Saved data entries:
Content starts

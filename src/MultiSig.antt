-- ===== src/MultiSig.antt =====
-- contracts/multisig: DAOMultiSig.ts, libraries/MultiSigLib.ts, structures/MultiSigStructure.ts.
mod Defs
pub mod Counts
pub mod Quorum
mod Tests
pub use Defs.*
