-- ===== src/MultiSig/Counts.antt =====
-- The counter of a transaction is the number of owners who have confirmed it, each counted once.
use current_dao_contracts.Base.{
  length, ℤ, pos, ◌+ℤ◌, ◌-ℤ◌, ◌≤ℤ◌, int_laws, ◌≡◌, ◌≢◌, ◌⊎◌, inl, inr, refl, sym, ap, ◌∙◌, String,
  ◌==◌, true, none, some, List, [], arith, eq_iff, Dict, get, set, delete, has_key, get-set_self,
  get-set_ne, IsKeyed, set-IsKeyed, delete-IsKeyed, length-set_new, length-delete, has, ok,
  Bool-cases, Option-cases,
}
use mathlib.Core.Path.{subst}
use current_dao_contracts.MultiSig.Defs.{
  MultiSig, Transaction, AggregatedSignature, new, hash, submitted, submit_transaction,
  confirm_transaction, execute_transaction, revoke_confirmation, update_threshold, add_owner,
  remove_owner, confirmations_of,
}

pub data Method : Type 0 where
  submits : String → ℤ → String → Method
  confirms executes revokes : String → Method
  updates_threshold : ℤ → Method
  adds_owner removes_owner : String → Method

-- The multisig after the call, whether it returned or threw.
unfoldable pub after : ℤ → String → Method → MultiSig → MultiSig
after now sender (submits to value payload) s = (submit_transaction now to value payload sender s).1
after now sender (confirms id) s = (confirm_transaction now id sender s).1
after now sender (executes id) s = (execute_transaction now id sender s).1
after now sender (revokes id) s = (revoke_confirmation id sender s).1
after now sender (updates_threshold n) s = (update_threshold n sender s).1
after now sender (adds_owner o) s = (add_owner o sender s).1
after now sender (removes_owner o) s = (remove_owner o sender s).1

-- The multisigs that calls by anybody, at any times, lead to from a new one.
pub data Reach : MultiSig → Type 0 where
  start :
      {s : MultiSig} (owners : List String) (threshold : ℤ) → new owners threshold ≡ ok s → Reach s
  step :
      {s : MultiSig} (now : ℤ) (sender : String) (m : Method)
      → Reach s
      → Reach (after now sender m s)

abbrev pub IsCounted : MultiSig → Type 0
IsCounted s =
    (id : String) (tx : Transaction)
    → get id s.transactions ≡ some tx
    → IsKeyed (confirmations_of id s)
      × (tx.num_confirmations ≡ pos (length (confirmations_of id s)))

-- A transaction and its confirmations, written together under `key`.
abbrev write : String → Transaction → Dict AggregatedSignature → MultiSig → MultiSig
write key tx m s = record s {
  transactions = set key tx s.transactions;
  confirmations = set key m s.confirmations;
}

write-IsCounted :
    (key : String) (tx : Transaction) (m : Dict AggregatedSignature) (s : MultiSig)
    → IsCounted s
    → IsKeyed m
    → tx.num_confirmations ≡ pos (length m)
    → IsCounted (write key tx m s)
write-IsCounted key tx m s h keyed counted id tx' e = elim (Bool-cases (key == id)) [
  | inl here ↦
      let k : key ≡ id = (eq_iff key id).0 here in
      let w = get-set_self id m s.confirmations in
      let t : tx ≡ tx' = cc (e, k, get-set_self id tx s.transactions) in
      rw (k, w) (keyed, ap (λ (x : Transaction). x.num_confirmations) (sym t) ∙ counted)
  | inr elsewhere ↦
      let apart : key ≢ id = λ k. cc (elsewhere, (eq_iff key id).1 k) in
      rw (get-set_ne key id m s.confirmations apart)
        (h id tx' (sym (get-set_ne key id tx s.transactions apart) ∙ e))
]

-- What `confirmTransaction` and `revokeConfirmation` may have made of the multisig.
confirm_writes :
    (now : ℤ) (id sender : String) (s : MultiSig) (tx : Transaction)
    → get id s.transactions ≡ some tx
    → ((confirm_transaction now id sender s).1 ≡ s)
      ⊎ (get sender (confirmations_of id s) ≡ none)
        × ((confirm_transaction now id sender s).1
            ≡ write id
                (record tx { num_confirmations = tx.num_confirmations +ℤ pos 1 })
                (set sender
                  (record { voter = sender; confirmed = true; timestamp = now })
                  (confirmations_of id s))
                s)
unfolding confirm_transaction
confirm_writes now id sender s tx e = ground arith

revoke_writes :
    (id sender : String) (s : MultiSig) (tx : Transaction)
    → get id s.transactions ≡ some tx
    → ((revoke_confirmation id sender s).1 ≡ s)
      ⊎ (has_key sender (confirmations_of id s) ≡ true)
        × ((revoke_confirmation id sender s).1
            ≡ write id
                (record tx { num_confirmations = tx.num_confirmations -ℤ pos 1 })
                (delete sender (confirmations_of id s))
                s)
unfolding revoke_confirmation
revoke_writes id sender s tx e = ground arith

confirm_absent :
    (now : ℤ) (id sender : String) (s : MultiSig)
    → get id s.transactions ≡ none
    → (confirm_transaction now id sender s).1 ≡ s
unfolding confirm_transaction
confirm_absent now id sender s e = ground arith

revoke_absent :
    (id sender : String) (s : MultiSig)
    → get id s.transactions ≡ none
    → (revoke_confirmation id sender s).1 ≡ s
unfolding revoke_confirmation
revoke_absent id sender s e = ground arith

confirm-IsCounted :
    (now : ℤ) (id sender : String) (s : MultiSig)
    → IsCounted s
    → IsCounted (confirm_transaction now id sender s).1
confirm-IsCounted now id sender s h = elim (Option-cases (get id s.transactions)) [
  | inl absent ↦ subst IsCounted (sym (confirm_absent now id sender s absent)) h
  | inr (tx, at) ↦ elim (confirm_writes now id sender s tx at) [
    | inl same ↦ subst IsCounted (sym same) h
    | inr (fresh, wrote) ↦
        let m = confirmations_of id s in
        let sig : AggregatedSignature = record {
          voter = sender;
          confirmed = true;
          timestamp = now;
        } in
        subst IsCounted (sym wrote) (
          write-IsCounted id (record tx { num_confirmations = tx.num_confirmations +ℤ pos 1 })
            (set sender sig m) s h (set-IsKeyed sender sig m (h id tx at).0)
            (rw (h id tx at).1 (omega (int_laws, length-set_new sender sig m fresh))))
  ]
]

revoke-IsCounted :
    (id sender : String) (s : MultiSig)
    → IsCounted s
    → IsCounted (revoke_confirmation id sender s).1
revoke-IsCounted id sender s h = elim (Option-cases (get id s.transactions)) [
  | inl absent ↦ subst IsCounted (sym (revoke_absent id sender s absent)) h
  | inr (tx, at) ↦ elim (revoke_writes id sender s tx at) [
    | inl same ↦ subst IsCounted (sym same) h
    | inr (there, wrote) ↦
        let m = confirmations_of id s in
        subst IsCounted (sym wrote) (
          write-IsCounted id (record tx { num_confirmations = tx.num_confirmations -ℤ pos 1 })
            (delete sender m) s h (delete-IsKeyed sender m (h id tx at).0)
            (rw (h id tx at).1 (omega (int_laws, length-delete sender m there))))
  ]
]

submit_writes :
    (now : ℤ) (to : String) (value : ℤ) (payload sender : String) (s : MultiSig)
    → let id = hash now to value payload s.transaction_count in
      ((submit_transaction now to value payload sender s).1 ≡ s)
      ⊎ ((submit_transaction now to value payload sender s).1
          ≡ write id
              (submitted now id to value payload)
              []
              (record s { transaction_count = s.transaction_count +ℤ pos 1 }))
unfolding submit_transaction
submit_writes now to value payload sender s = ground arith

submit-IsCounted :
    (now : ℤ) (to : String) (value : ℤ) (payload sender : String) (s : MultiSig)
    → IsCounted s
    → IsCounted (submit_transaction now to value payload sender s).1
unfolding submitted
submit-IsCounted now to value payload sender s h =
    let id = hash now to value payload s.transaction_count in
    elim (submit_writes now to value payload sender s) [
      | inl same ↦ subst IsCounted (sym same) h
      | inr wrote ↦ subst IsCounted (sym wrote) (
          write-IsCounted id (submitted now id to value payload) []
            (record s { transaction_count = s.transaction_count +ℤ pos 1 }) h tt refl)
    ]

pub execute_writes :
    (now : ℤ) (id sender : String) (s : MultiSig) (tx : Transaction)
    → get id s.transactions ≡ some tx
    → ((execute_transaction now id sender s).1 ≡ s)
      ⊎ ((has sender s.owners ≡ true)
          × (s.num_confirmations_required ≤ℤ tx.num_confirmations)
          × (now ≤ℤ tx.deadline)
          × ((execute_transaction now id sender s).1
              ≡ record s { transactions = set id (record tx { executed = true }) s.transactions }))
unfolding execute_transaction
execute_writes now id sender s tx e = ground arith

execute_absent :
    (now : ℤ) (id sender : String) (s : MultiSig)
    → get id s.transactions ≡ none
    → (execute_transaction now id sender s).1 ≡ s
unfolding execute_transaction
execute_absent now id sender s e = ground arith

-- Marking a transaction leaves its counter alone.
marked-IsCounted :
    (id : String) (tx : Transaction) (s : MultiSig)
    → get id s.transactions ≡ some tx
    → IsCounted s
    → IsCounted (record s { transactions = set id (record tx { executed = true }) s.transactions })
marked-IsCounted key tx s at h id tx' e =
    let marked : Transaction = record tx { executed = true } in
    elim (Bool-cases (key == id)) [
      | inl here ↦
          let k : key ≡ id = (eq_iff key id).0 here in
          let t : marked ≡ tx' = cc (e, k, get-set_self id marked s.transactions) in
          (
            (h id tx (sym (ap (λ j. get j s.transactions) k) ∙ at)).0,
            ap (λ (x : Transaction). x.num_confirmations) (sym t)
                ∙ (h id tx (sym (ap (λ j. get j s.transactions) k) ∙ at)).1,
          )
      | inr elsewhere ↦
          let apart : key ≢ id = λ k. cc (elsewhere, (eq_iff key id).1 k) in
          h id tx' (sym (get-set_ne key id marked s.transactions apart) ∙ e)
    ]

execute-IsCounted :
    (now : ℤ) (id sender : String) (s : MultiSig)
    → IsCounted s
    → IsCounted (execute_transaction now id sender s).1
execute-IsCounted now id sender s h = elim (Option-cases (get id s.transactions)) [
  | inl absent ↦ subst IsCounted (sym (execute_absent now id sender s absent)) h
  | inr (tx, at) ↦ elim (execute_writes now id sender s tx at) [
    | inl same ↦ subst IsCounted (sym same) h
    | inr (_, _, _, wrote) ↦ subst IsCounted (sym wrote) (marked-IsCounted id tx s at h)
  ]
]

tables-IsCounted :
    (s s' : MultiSig)
    → (s'.transactions ≡ s.transactions) × (s'.confirmations ≡ s.confirmations)
    → IsCounted s
    → IsCounted s'
tables-IsCounted s s' (t, c) h id tx e = rw c (h id tx (subst (λ m. get id m ≡ some tx) t e))

after-IsCounted :
    (now : ℤ) (sender : String) (m : Method) (s : MultiSig)
    → IsCounted s
    → IsCounted (after now sender m s)
unfolding after update_threshold add_owner remove_owner
after-IsCounted now sender (submits to value payload) s h =
    submit-IsCounted now to value payload sender s h
after-IsCounted now sender (confirms id) s h = confirm-IsCounted now id sender s h
after-IsCounted now sender (executes id) s h = execute-IsCounted now id sender s h
after-IsCounted now sender (revokes id) s h = revoke-IsCounted id sender s h
after-IsCounted now sender (updates_threshold n) s h =
    tables-IsCounted s (after now sender (updates_threshold n) s) (ground arith) h
after-IsCounted now sender (adds_owner o) s h =
    tables-IsCounted s (after now sender (adds_owner o) s) (ground arith) h
after-IsCounted now sender (removes_owner o) s h =
    tables-IsCounted s (after now sender (removes_owner o) s) (ground arith) h

start-IsCounted :
    {s : MultiSig} (owners : List String) (threshold : ℤ)
    → new owners threshold ≡ ok s
    → IsCounted s
unfolding new
start-IsCounted owners threshold e id tx at = ground arith

-- In every multisig that calls lead to, the counter of a stored transaction is the number of its
-- stored confirmations, and no owner has confirmed it twice.
pub confirmations_counted :
    {s : MultiSig} (id : String) (tx : Transaction)
    → Reach s
    → get id s.transactions ≡ some tx
    → IsKeyed (confirmations_of id s)
      × (tx.num_confirmations ≡ pos (length (confirmations_of id s)))
confirmations_counted id tx (start owners threshold e) = start-IsCounted owners threshold e id tx
confirmations_counted id tx (step {s} now sender m r) =
    after-IsCounted now sender m s (λ i t. confirmations_counted i t r) id tx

Content ends

Every line containing the string "List" in the entries should be counted; give the resulting number and nothing else.

3